# The task
Your task is to repeat the entries exactly from their first line through the line with "let z : bit", and to stop there.

_ _ _ _ _ _ _

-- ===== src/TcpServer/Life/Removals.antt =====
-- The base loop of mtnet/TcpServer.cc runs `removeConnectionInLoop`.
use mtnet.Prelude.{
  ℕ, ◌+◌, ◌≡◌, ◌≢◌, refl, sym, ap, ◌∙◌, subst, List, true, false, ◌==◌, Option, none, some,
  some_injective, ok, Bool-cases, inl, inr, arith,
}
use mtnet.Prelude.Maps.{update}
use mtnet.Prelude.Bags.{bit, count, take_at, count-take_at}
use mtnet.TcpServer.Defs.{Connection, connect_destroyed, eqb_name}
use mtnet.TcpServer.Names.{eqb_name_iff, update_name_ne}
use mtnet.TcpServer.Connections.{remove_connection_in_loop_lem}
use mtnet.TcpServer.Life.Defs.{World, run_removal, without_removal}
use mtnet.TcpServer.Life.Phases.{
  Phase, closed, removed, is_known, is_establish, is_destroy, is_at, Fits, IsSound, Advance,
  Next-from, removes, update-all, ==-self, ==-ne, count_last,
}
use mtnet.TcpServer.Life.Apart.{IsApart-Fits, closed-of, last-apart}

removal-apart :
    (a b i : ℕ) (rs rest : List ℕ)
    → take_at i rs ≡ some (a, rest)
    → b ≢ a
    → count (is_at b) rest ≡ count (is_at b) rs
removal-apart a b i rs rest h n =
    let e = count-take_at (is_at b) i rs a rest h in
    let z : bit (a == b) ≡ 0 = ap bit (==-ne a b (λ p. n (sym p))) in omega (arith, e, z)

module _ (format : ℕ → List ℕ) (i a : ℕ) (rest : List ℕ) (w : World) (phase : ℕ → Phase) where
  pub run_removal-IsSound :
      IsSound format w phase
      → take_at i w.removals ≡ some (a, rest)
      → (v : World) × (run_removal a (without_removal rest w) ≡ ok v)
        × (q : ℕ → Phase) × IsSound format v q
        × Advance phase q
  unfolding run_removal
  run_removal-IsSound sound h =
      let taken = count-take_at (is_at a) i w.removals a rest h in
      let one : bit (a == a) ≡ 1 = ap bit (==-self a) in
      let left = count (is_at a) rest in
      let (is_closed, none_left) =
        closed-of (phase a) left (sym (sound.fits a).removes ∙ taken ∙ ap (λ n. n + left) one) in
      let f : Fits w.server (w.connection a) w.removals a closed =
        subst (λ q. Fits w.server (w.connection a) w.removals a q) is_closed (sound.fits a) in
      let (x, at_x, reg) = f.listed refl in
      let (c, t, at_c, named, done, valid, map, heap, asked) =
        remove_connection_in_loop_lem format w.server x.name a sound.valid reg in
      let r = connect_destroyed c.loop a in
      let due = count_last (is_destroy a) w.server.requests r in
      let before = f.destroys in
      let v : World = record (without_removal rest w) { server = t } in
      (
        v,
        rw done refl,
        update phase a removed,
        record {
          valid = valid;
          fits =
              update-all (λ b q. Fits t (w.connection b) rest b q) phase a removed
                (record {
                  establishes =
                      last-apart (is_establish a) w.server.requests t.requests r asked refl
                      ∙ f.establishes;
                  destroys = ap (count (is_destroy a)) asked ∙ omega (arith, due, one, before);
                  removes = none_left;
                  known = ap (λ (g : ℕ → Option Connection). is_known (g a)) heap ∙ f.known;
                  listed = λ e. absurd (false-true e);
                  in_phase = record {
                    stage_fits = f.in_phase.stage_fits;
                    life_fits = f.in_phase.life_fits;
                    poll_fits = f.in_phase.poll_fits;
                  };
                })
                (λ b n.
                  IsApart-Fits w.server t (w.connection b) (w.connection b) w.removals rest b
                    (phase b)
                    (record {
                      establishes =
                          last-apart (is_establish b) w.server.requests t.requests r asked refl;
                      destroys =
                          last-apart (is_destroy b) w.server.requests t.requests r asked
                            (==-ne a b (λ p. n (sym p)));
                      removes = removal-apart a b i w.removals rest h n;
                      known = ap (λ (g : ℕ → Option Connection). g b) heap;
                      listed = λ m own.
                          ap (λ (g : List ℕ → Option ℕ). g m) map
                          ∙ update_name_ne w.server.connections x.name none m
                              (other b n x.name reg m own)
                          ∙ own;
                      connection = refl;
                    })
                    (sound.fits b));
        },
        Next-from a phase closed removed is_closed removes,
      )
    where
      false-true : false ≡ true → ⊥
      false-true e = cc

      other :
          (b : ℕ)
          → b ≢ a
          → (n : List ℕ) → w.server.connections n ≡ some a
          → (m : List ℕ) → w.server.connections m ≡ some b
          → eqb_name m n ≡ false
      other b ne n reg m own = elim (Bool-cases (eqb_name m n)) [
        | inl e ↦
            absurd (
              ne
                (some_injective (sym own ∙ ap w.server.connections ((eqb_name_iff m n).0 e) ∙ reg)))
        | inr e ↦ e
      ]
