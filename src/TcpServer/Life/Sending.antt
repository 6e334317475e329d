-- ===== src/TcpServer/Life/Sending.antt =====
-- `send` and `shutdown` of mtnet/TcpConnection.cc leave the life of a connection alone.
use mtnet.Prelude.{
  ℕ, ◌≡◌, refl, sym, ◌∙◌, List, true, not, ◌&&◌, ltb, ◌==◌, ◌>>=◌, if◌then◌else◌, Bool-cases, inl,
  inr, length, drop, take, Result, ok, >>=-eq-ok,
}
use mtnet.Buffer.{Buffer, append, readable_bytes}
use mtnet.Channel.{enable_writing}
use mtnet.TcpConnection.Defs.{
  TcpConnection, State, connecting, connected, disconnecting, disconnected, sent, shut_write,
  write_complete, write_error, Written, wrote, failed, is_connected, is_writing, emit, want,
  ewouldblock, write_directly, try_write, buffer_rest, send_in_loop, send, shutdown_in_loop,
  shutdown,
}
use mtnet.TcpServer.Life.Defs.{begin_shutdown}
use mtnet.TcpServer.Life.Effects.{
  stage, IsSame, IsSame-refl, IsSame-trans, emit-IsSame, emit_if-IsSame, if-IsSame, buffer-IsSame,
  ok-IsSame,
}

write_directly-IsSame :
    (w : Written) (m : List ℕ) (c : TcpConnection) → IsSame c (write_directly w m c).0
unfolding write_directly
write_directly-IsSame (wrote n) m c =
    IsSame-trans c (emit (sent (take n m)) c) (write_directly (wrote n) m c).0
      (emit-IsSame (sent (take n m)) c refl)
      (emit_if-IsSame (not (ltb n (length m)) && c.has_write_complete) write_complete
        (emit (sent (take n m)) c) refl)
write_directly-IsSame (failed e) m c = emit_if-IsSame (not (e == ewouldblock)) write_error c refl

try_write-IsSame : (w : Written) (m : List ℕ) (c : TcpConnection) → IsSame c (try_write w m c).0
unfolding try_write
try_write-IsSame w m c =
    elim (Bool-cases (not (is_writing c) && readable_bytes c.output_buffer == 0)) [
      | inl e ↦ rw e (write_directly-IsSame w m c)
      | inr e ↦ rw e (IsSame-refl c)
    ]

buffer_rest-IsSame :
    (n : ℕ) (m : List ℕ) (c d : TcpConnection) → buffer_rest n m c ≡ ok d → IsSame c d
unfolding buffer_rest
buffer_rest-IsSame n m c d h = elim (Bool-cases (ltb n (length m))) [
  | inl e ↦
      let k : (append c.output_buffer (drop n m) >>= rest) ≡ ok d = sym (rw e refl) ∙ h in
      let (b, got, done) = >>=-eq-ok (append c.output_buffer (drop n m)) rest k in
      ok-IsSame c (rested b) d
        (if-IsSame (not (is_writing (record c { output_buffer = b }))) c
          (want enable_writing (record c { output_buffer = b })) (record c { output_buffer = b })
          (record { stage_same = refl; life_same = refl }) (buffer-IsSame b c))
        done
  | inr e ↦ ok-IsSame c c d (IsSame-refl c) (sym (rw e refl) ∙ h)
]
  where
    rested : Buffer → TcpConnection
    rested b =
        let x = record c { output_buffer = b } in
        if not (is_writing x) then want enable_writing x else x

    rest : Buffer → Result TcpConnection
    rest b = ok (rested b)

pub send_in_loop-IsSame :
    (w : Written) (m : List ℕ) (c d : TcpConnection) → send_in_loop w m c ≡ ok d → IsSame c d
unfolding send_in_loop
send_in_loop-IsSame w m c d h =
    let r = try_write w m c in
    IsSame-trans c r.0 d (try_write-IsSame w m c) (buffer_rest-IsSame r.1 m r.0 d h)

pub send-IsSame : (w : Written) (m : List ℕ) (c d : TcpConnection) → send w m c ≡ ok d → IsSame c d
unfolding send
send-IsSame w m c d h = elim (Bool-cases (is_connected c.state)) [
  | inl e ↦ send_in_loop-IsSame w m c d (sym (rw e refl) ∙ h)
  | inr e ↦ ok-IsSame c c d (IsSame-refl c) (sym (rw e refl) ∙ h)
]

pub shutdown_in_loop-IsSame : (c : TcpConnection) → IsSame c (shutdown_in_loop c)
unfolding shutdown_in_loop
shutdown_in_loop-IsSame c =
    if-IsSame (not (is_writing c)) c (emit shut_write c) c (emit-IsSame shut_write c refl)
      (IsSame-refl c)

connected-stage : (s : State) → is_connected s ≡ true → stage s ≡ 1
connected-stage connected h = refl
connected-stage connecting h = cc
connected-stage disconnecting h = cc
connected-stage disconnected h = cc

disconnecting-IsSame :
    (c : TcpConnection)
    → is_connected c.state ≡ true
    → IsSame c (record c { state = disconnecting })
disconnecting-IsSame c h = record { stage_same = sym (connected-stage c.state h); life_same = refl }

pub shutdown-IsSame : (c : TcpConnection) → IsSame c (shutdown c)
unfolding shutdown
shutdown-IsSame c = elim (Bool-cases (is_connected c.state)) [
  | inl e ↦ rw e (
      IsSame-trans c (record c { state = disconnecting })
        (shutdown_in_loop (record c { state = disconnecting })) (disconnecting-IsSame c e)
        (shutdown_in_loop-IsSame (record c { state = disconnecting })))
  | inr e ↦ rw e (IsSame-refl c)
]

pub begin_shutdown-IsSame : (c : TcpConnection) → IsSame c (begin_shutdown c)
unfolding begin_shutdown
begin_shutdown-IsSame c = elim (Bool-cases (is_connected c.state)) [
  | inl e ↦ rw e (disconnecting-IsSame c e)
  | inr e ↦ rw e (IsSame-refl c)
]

_ _ _ _ _ _ _

# Result
-- ===== src/TcpServer/Life/Removals.antt =====
-- The base loop of mtnet/TcpServer.cc runs `removeConnectionInLoop`.
use mtnet.Prelude.{
  ℕ, ◌+◌, ◌≡◌, ◌≢◌, refl, sym, ap, ◌∙◌, subst, List, true, false, ◌==◌, Option, none, some,
  some_injective, ok, Bool-cases, inl, inr, arith,
}
use mtnet.Prelude.Maps.{update}
use mtnet.Prelude.Bags.{bit, count, take_at, count-take_at}
use mtnet.TcpServer.Defs.{Connection, connect_destroyed, eqb_name}
use mtnet.TcpServer.Names.{eqb_name_iff, update_name_ne}
use mtnet.TcpServer.Connections.{remove_connection_in_loop_lem}
use mtnet.TcpServer.Life.Defs.{World, run_removal, without_removal}
use mtnet.TcpServer.Life.Phases.{
  Phase, closed, removed, is_known, is_establish, is_destroy, is_at, Fits, IsSound, Advance,
  Next-from, removes, update-all, ==-self, ==-ne, count_last,
}
use mtnet.TcpServer.Life.Apart.{IsApart-Fits, closed-of, last-apart}

removal-apart :
    (a b i : ℕ) (rs rest : List ℕ)
    → take_at i rs ≡ some (a, rest)
    → b ≢ a
    → count (is_at b) rest ≡ count (is_at b) rs
removal-apart a b i rs rest h n =
    let e = count-take_at (is_at b) i rs a rest h in
    let z : bit (a == b) ≡ 0 = ap bit (==-ne a b (λ p. n (sym p))) in omega (arith, e, z)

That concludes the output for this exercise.